Pregnancy comprises a period in a woman's life in which the circulatory system is subjected to hemodynamical and biochemical changes. During this period, while restructuring blood vessels and exchanging maternal-fetal products there is an increased risk of developing chronic venous disease (CVD), which may have an echo in life after childbirth for both mother and child. Previously, we investigated that pregnancy-associated CVD involves changes in placental architecture at angiogenesis, lymphangiogenesis and villi morphology compared with healthy controls (HC) with no history of CVD. We aimed to more deeply investigate the oxidative stress response in placenta from women with CVD versus HC through several markers (NRF2, KEAP1, CUL3, GSK-3ß).
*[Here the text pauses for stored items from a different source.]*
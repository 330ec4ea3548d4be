-- ===== src/Store/Steps.antt =====
-- The life of a store: any sequence of the writes of internal/store, each under any faults.
use mulligan.Base.{
  ℕ, ◌≡◌, refl, true, false, Option, none, some, List, [], ◌∷◌, Result-cases, Bool-cases, inl, inr,
  ◌⊎◌, arith,
}
use mulligan.Base.Int.{ℤ}
use mulligan.Base.Text.{Bytes}
use mulligan.Base.Time.{Time, Duration}
use mulligan.Change.{Transaction, Checkpoint}
use mulligan.Store.Schema.{
  Tables, Binding, Sqlite, coverage_to, coverage_from, retention_seconds, max_staleness_seconds,
  Key, same_key,
}
use mulligan.Store.Tx.{Faults, session, settle, call}
use mulligan.Store.Append.{
  append_transaction, advance_coverage, open_coverage, record_gap, record_miss, put_checkpoint,
  seconds, put_new, put_row, insert_txn, has_source_id,
}
use mulligan.Store.Prune.{
  prune, set_retention, set_max_staleness, put_meta, delete_gaps, delete_misses, delete_txns,
}
use mulligan.Store.Source.{bind, check_binding, write_binding, same_binding}
use mulligan.Store.Rows.{EncodedRow}
use mulligan.Store.Redelivery.{appended, raise_to-rows, put_rows, put_if_new}
use mulligan.Store.Wellformed.{Wellformed, appended-Wellformed, delete_txns-Wellformed}
use mulligan.Store.Effects.{
  Leaves, single-Leaves, advance_coverage-Leaves, append_transaction-Leaves, prune-Leaves, pruned,
  edge_of,
}
use mulligan.Store.Marks.{AtLeast, raise_to-AtLeast}

module _ (sql : Sqlite) (whole_seconds : Duration → ℤ) where
  pub data Step : Tables → Tables → Type 0 where
    append :
        (txn : Transaction) (cp : Checkpoint) (t : Tables) (fs : Faults)
        → Step t (append_transaction sql txn cp t fs).0
    advance : (to : Time) (t : Tables) (fs : Faults) → Step t (advance_coverage sql to t fs).0
    open_at : (when : Time) (t : Tables) (fs : Faults) → Step t (open_coverage when t fs).0
    gap :
        (from to : Time) (reason : Bytes) (t : Tables) (fs : Faults)
        → Step t (record_gap from to reason t fs).0
    miss :
        (when : Time) (reason : Bytes) (t : Tables) (fs : Faults)
        → Step t (record_miss when reason t fs).0
    retain :
        (d : Duration) (t : Tables) (fs : Faults) → Step t (set_retention whole_seconds d t fs).0
    allow :
        (d : Duration) (t : Tables) (fs : Faults)
        → Step t (set_max_staleness whole_seconds d t fs).0
    discard : (now : Time) (t : Tables) (fs : Faults) → Step t (prune sql now t fs).0
    follow : (b : Binding) (t : Tables) (fs : Faults) → Step t (bind b t fs).0

  -- Any number of steps.
  pub data Reach : Tables → Tables → Type 0 where
    done : (t : Tables) → Reach t t
    then_step : {t u v : Tables} → Reach t u → Step u v → Reach t v

  of_Leaves :
      (P : Tables → Type 0) (t v : Tables) {u : Tables} → (u ≡ t) ⊎ (u ≡ v) → P t → P v → P u
  of_Leaves P t v (inl e) ht hv = rw (e) ht
  of_Leaves P t v (inr e) ht hv = rw (e) hv

  settle_check :
      (b : Binding) (t : Tables) (fs : Faults) (stored : Option Binding)
      → Leaves (settle t (check_binding b stored (session t fs))) t (record t { source = some b })
  unfolding check_binding write_binding call
  settle_check b t [] none = inr refl
  settle_check b t (true ∷ fs) none = inl refl
  settle_check b t (false ∷ fs) none = inr refl
  settle_check b t fs (some stored) = elim (Result-cases (same_binding stored b)) [
    | inl (u, e) ↦ rw (e) (inl refl)
    | inr (x, e) ↦ rw (e) (inl refl)
  ]

  bind-Leaves :
      (b : Binding) (t : Tables) (fs : Faults)
      → Leaves (bind b t fs) t (record t { source = some b })
  unfolding bind call
  bind-Leaves b t [] = settle_check b t [] t.source
  bind-Leaves b t (true ∷ fs) = inl refl
  bind-Leaves b t (false ∷ fs) = settle_check b t fs t.source

  pruned-Wellformed : (edge : ℤ) (t : Tables) → Wellformed t → Wellformed (pruned sql edge t)
  unfolding pruned delete_gaps delete_misses
  pruned-Wellformed edge t h =
      rw ((raise_to-rows sql coverage_from edge _).0, (raise_to-rows sql coverage_from edge _).1)
        (delete_txns-Wellformed sql edge t h)

  put_new-rows :
      (k : Key) (when : ℤ) (t : Tables)
      → ((put_new k when t).txns ≡ t.txns) × ((put_new k when t).row_changes ≡ t.row_changes)
  unfolding put_new
  put_new-rows k when t = ground arith

  put_new-Wellformed :
      (when : ℤ) (t : Tables) → Wellformed t → Wellformed (put_new coverage_from when t)
  put_new-Wellformed when t h =
      rw ((put_new-rows coverage_from when t).0, (put_new-rows coverage_from when t).1) h

  Step-Wellformed : {t u : Tables} → Wellformed t → Step t u → Wellformed u
  unfolding record_gap record_miss set_retention set_max_staleness open_coverage put_meta
  Step-Wellformed h (append txn cp t fs) = elim (append_transaction-Leaves sql txn cp t fs) [
    | inl e ↦ rw (e) h
    | inr (rows, q, e) ↦ rw (e) (appended-Wellformed sql txn cp rows t h)
  ]
  Step-Wellformed h (advance to t fs) =
      of_Leaves Wellformed t _ (advance_coverage-Leaves sql to t fs) h (
        rw
          (
            (raise_to-rows sql coverage_to (seconds to) t).0,
            (raise_to-rows sql coverage_to (seconds to) t).1,
          )
          h)
  Step-Wellformed h (open_at when t fs) =
      of_Leaves Wellformed t _ (single-Leaves _ t fs) h (put_new-Wellformed (seconds when) t h)
  Step-Wellformed h (gap from to reason t fs) = of_Leaves Wellformed t _ (single-Leaves _ t fs) h h
  Step-Wellformed h (miss when reason t fs) = of_Leaves Wellformed t _ (single-Leaves _ t fs) h h
  Step-Wellformed h (retain d t fs) = of_Leaves Wellformed t _ (single-Leaves _ t fs) h h
  Step-Wellformed h (allow d t fs) = of_Leaves Wellformed t _ (single-Leaves _ t fs) h h
  Step-Wellformed h (discard now t fs) = elim (prune-Leaves sql now t fs) [
    | inl e ↦ rw (e) h
    | inr (n, q, e) ↦ rw (e) (pruned-Wellformed (edge_of sql n now) t h)
  ]
  Step-Wellformed h (follow b t fs) = of_Leaves Wellformed t _ (bind-Leaves b t fs) h h

  -- However the writes of a store follow each other and whichever calls of the driver fail, well formed
  -- tables stay so: ids ascend, every change belongs to a stored transaction and no transaction is
  -- stored twice.
  pub Reach-Wellformed : {t u : Tables} → Wellformed t → Reach t u → Wellformed u
  Reach-Wellformed h (done t) = h
  Reach-Wellformed h (then_step r s) = Step-Wellformed (Reach-Wellformed h r) s

  put_if_new-meta :
      (new : Option ℕ) (rows : List EncodedRow) (t : Tables)
      → (put_if_new sql new rows t).meta ≡ t.meta
  unfolding put_if_new put_rows put_row
  put_if_new-meta none rows t = refl
  put_if_new-meta (some id) [] t = refl
  put_if_new-meta (some id) (r ∷ rows) t = put_if_new-meta (some id) rows (put_row sql id r t)

  insert_txn-meta : (txn : Transaction) (t : Tables) → (insert_txn sql txn t).1.meta ≡ t.meta
  unfolding insert_txn
  insert_txn-meta txn t = elim (Bool-cases (has_source_id txn.source_id t.txns)) [
    | inl e ↦ rw (e) refl
    | inr e ↦ rw (e) refl
  ]

  appended-AtLeast :
      (k : Key) (z : ℤ) (txn : Transaction) (cp : Checkpoint) (rows : List EncodedRow) (t : Tables)
      → AtLeast sql z (t.meta k)
      → AtLeast sql z ((appended sql txn cp rows t).meta k)
  unfolding appended put_checkpoint
  appended-AtLeast k z txn cp rows t h =
      raise_to-AtLeast sql coverage_to k (seconds txn.committed_at) z _ (
        rw
          (
            put_if_new-meta (insert_txn sql txn t).0 rows (insert_txn sql txn t).1,
            insert_txn-meta txn t,
          )
          h)

  pruned-AtLeast :
      (k : Key) (z edge : ℤ) (t : Tables)
      → AtLeast sql z (t.meta k)
      → AtLeast sql z ((pruned sql edge t).meta k)
  unfolding pruned delete_gaps delete_misses delete_txns
  pruned-AtLeast k z edge t h = raise_to-AtLeast sql coverage_from k edge z _ h

  put_new-AtLeast :
      (k j : Key) (z when : ℤ) (t : Tables)
      → AtLeast sql z (t.meta k)
      → AtLeast sql z ((put_new j when t).meta k)
  unfolding put_new
  put_new-AtLeast k j z when t h = ground arith

  -- The two marks of what a store covers.
  abbrev pub IsMark : Key → Type 0
  IsMark coverage_from = Unit {0}
  IsMark coverage_to = Unit {0}
  IsMark _ = ⊥

  put_meta-AtLeast :
      (k j : Key) (z n : ℤ) (t : Tables)
      → same_key k j ≡ false
      → AtLeast sql z (t.meta k)
      → AtLeast sql z ((put_meta j n t).meta k)
  unfolding put_meta
  put_meta-AtLeast k j z n t e h = rw (e) h

  Step-AtLeast :
      (k : Key) (z : ℤ) {t u : Tables}
      → IsMark k
      → AtLeast sql z (t.meta k)
      → Step t u
      → AtLeast sql z (u.meta k)
  unfolding record_gap record_miss set_retention set_max_staleness open_coverage
  Step-AtLeast k z m h (append txn cp t fs) = elim (append_transaction-Leaves sql txn cp t fs) [
    | inl e ↦ rw (e) h
    | inr (rows, q, e) ↦ rw (e) (appended-AtLeast k z txn cp rows t h)
  ]
  Step-AtLeast k z m h (advance to t fs) =
      of_Leaves (λ x. AtLeast sql z (x.meta k)) t _ (advance_coverage-Leaves sql to t fs) h
        (raise_to-AtLeast sql coverage_to k (seconds to) z t h)
  Step-AtLeast k z m h (open_at when t fs) =
      of_Leaves (λ x. AtLeast sql z (x.meta k)) t _ (single-Leaves _ t fs) h
        (put_new-AtLeast k coverage_from z (seconds when) t h)
  Step-AtLeast k z m h (gap from to reason t fs) =
      of_Leaves (λ x. AtLeast sql z (x.meta k)) t _ (single-Leaves _ t fs) h h
  Step-AtLeast k z m h (miss when reason t fs) =
      of_Leaves (λ x. AtLeast sql z (x.meta k)) t _ (single-Leaves _ t fs) h h
  Step-AtLeast k z m h (retain d t fs) =
      of_Leaves (λ x. AtLeast sql z (x.meta k)) t _ (single-Leaves _ t fs) h
        (put_meta-AtLeast k retention_seconds z (whole_seconds d) t (retention-other k m) h)
    where
      retention-other : (j : Key) → IsMark j → same_key j retention_seconds ≡ false
      retention-other coverage_from m = refl
      retention-other coverage_to m = refl
      retention-other retention_seconds m = absurd m
      retention-other max_staleness_seconds m = absurd m
  Step-AtLeast k z m h (allow d t fs) =
      of_Leaves (λ x. AtLeast sql z (x.meta k)) t _ (single-Leaves _ t fs) h
        (put_meta-AtLeast k max_staleness_seconds z (whole_seconds d) t (staleness-other k m) h)
    where
      staleness-other : (j : Key) → IsMark j → same_key j max_staleness_seconds ≡ false
      staleness-other coverage_from m = refl
      staleness-other coverage_to m = refl
      staleness-other retention_seconds m = absurd m
      staleness-other max_staleness_seconds m = absurd m
  Step-AtLeast k z m h (discard now t fs) = elim (prune-Leaves sql now t fs) [
    | inl e ↦ rw (e) h
    | inr (n, q, e) ↦ rw (e) (pruned-AtLeast k z (edge_of sql n now) t h)
  ]
  Step-AtLeast k z m h (follow b t fs) =
      of_Leaves (λ x. AtLeast sql z (x.meta k)) t _ (bind-Leaves b t fs) h h

  -- However the writes of a store follow each other and whichever calls of the driver fail, neither
  -- mark of what it covers ever moves back.
  pub Reach-AtLeast :
      (k : Key) (z : ℤ) {t u : Tables}
      → IsMark k
      → AtLeast sql z (t.meta k)
      → Reach t u
      → AtLeast sql z (u.meta k)
  Reach-AtLeast k z m h (done t) = h
  Reach-AtLeast k z m h (then_step r s) = Step-AtLeast k z m (Reach-AtLeast k z m h r) s
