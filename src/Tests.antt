-- ===== src/Tests.antt =====
-- Runs of the model, and the theorems at concrete inputs.
pub mod Codec
pub mod Reverse
pub mod Store
pub mod Change
pub mod Binlog
pub mod Source
pub mod Script
pub mod Dsn
pub mod Api
pub mod Preflight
An observational, analytical, and prospective cohort study was conducted on 114 women in their third trimester of pregnancy (32 weeks). A total of 62 participants were clinically diagnosed with CVD. In parallel, 52 controls with no history of CVD (HC) were studied. Gene and protein expressions of NRF2, KEAP1, CUL3, GSK-3ß were analyzed by real-time polymerase chain reaction (RT-qPCR) and immunohistochemistry. Nrf2 gene and protein expression was significantly greater in placental villi of women with CVD, while Keap1, CUL-3 and GSK-3ß gene and protein expressions were significantly lower. Our results defined an aberrant gene and protein expression of Nrf2 and some of their main regulators Keap1, CUL-3 and GSK-3 ß in the placenta of women with CVD, which could be an indicator of an oxidative environment observed in this tissue.